▶ Excerpted data:
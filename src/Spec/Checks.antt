-- ===== src/Spec/Checks.antt =====
-- `(*Check).validate` of pkg/spec/spec.go: a check sets exactly one of its fields, and sets it well.
pub mod Valid
use fire_drill.Base.{
  ℕ, zero, suc, ◌+◌, ◌≡◌, refl, Bool, true, false, ◌&&◌, ◌||◌, Option, none, some, String, ℤ, pos,
  leb_ℤ, ok, err, ◌>>=◌, ◌>>◌, fail_if, ◌==◌, ◌!=◌, nat_eq, string_eq, if◌then◌else◌, Result,
}
use fire_drill.Spec.Document.{
  Check, FreshnessCheck, RowCountCheck, ChecksumCheck, SmokeCheck, CanaryCheck, PodsReadyCheck,
  ResourceCountCheck, smoke_statement, canary_statement,
}

-- The errors that the function returns; the count is the one that its message shows.
pub data CheckProblem : Type 0 where
  freshness_max_age row_count_query checksum_columns : CheckProblem
  smoke_both smoke_missing canary_both canary_missing pods_ready_timeout : CheckProblem
  resource_kind : String → CheckProblem
  not_one : ℕ → CheckProblem

abbrev Outcome : Type 0
Outcome = Result CheckProblem (Unit {0})

unfoldable pub freshness_valid : FreshnessCheck → Result CheckProblem (Unit {0})
freshness_valid c = fail_if (leb_ℤ c.max_age (pos 0)) freshness_max_age

unfoldable pub row_count_valid : RowCountCheck → Result CheckProblem (Unit {0})
row_count_valid c = fail_if (c.query == "") row_count_query

unfoldable pub checksum_valid : ChecksumCheck → Result CheckProblem (Unit {0})
checksum_valid c = fail_if (c.table == "" || c.column == "") checksum_columns

unfoldable pub smoke_valid : SmokeCheck → Result CheckProblem (Unit {0})
unfolding smoke_statement
smoke_valid c = do
  fail_if (c.sql != "" && c.query != "") smoke_both
  fail_if (smoke_statement c == "") smoke_missing

unfoldable pub canary_valid : CanaryCheck → Result CheckProblem (Unit {0})
unfolding canary_statement
canary_valid c = do
  fail_if (c.sql != "" && c.query != "") canary_both
  fail_if (canary_statement c == "" || c.expect == "") canary_missing

unfoldable pub pods_ready_valid : PodsReadyCheck → Result CheckProblem (Unit {0})
pods_ready_valid c = fail_if (leb_ℤ c.timeout (pos 0)) pods_ready_timeout

unfoldable pub known_resource : String → Bool
known_resource k =
    k == "deployments"
    || k == "statefulsets"
    || k == "services"
    || k == "configmaps"
    || k == "secrets"
    || k == "pods"

unfoldable pub resource_count_valid : ResourceCountCheck → Result CheckProblem (Unit {0})
unfolding known_resource
resource_count_valid c = if known_resource c.kind then ok tt else err (resource_kind c.kind)

-- One `if c.Field != nil { n++ … }` block: the count so far, with the early return of its check.
abbrev pub visit :
    {A : Type 0} → (A → Result CheckProblem (Unit {0})) → Option A → ℕ → Result CheckProblem ℕ
visit valid none n = ok n
visit valid (some a) n = valid a >>= λ _. ok (suc n)

unfoldable pub check_validate : Check → Result CheckProblem (Unit {0})
check_validate c = do
  n ← visit (λ _. ok tt) c.restore_succeeded 0
  n ← visit freshness_valid c.freshness n
  n ← visit row_count_valid c.row_count n
  n ← visit checksum_valid c.checksum n
  n ← visit smoke_valid c.smoke n
  n ← visit canary_valid c.canary n
  n ← visit pods_ready_valid c.pods_ready n
  n ← visit resource_count_valid c.resource_count n
  fail_if (n != 1) (not_one n)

▶ What this task involves:
Return every line from the entries that holds the string "FreshnessCheck".

▶ Response to the task:
  Check, FreshnessCheck, RowCountCheck, ChecksumCheck, SmokeCheck, CanaryCheck, PodsReadyCheck,
unfoldable pub freshness_valid : FreshnessCheck → Result CheckProblem (Unit {0})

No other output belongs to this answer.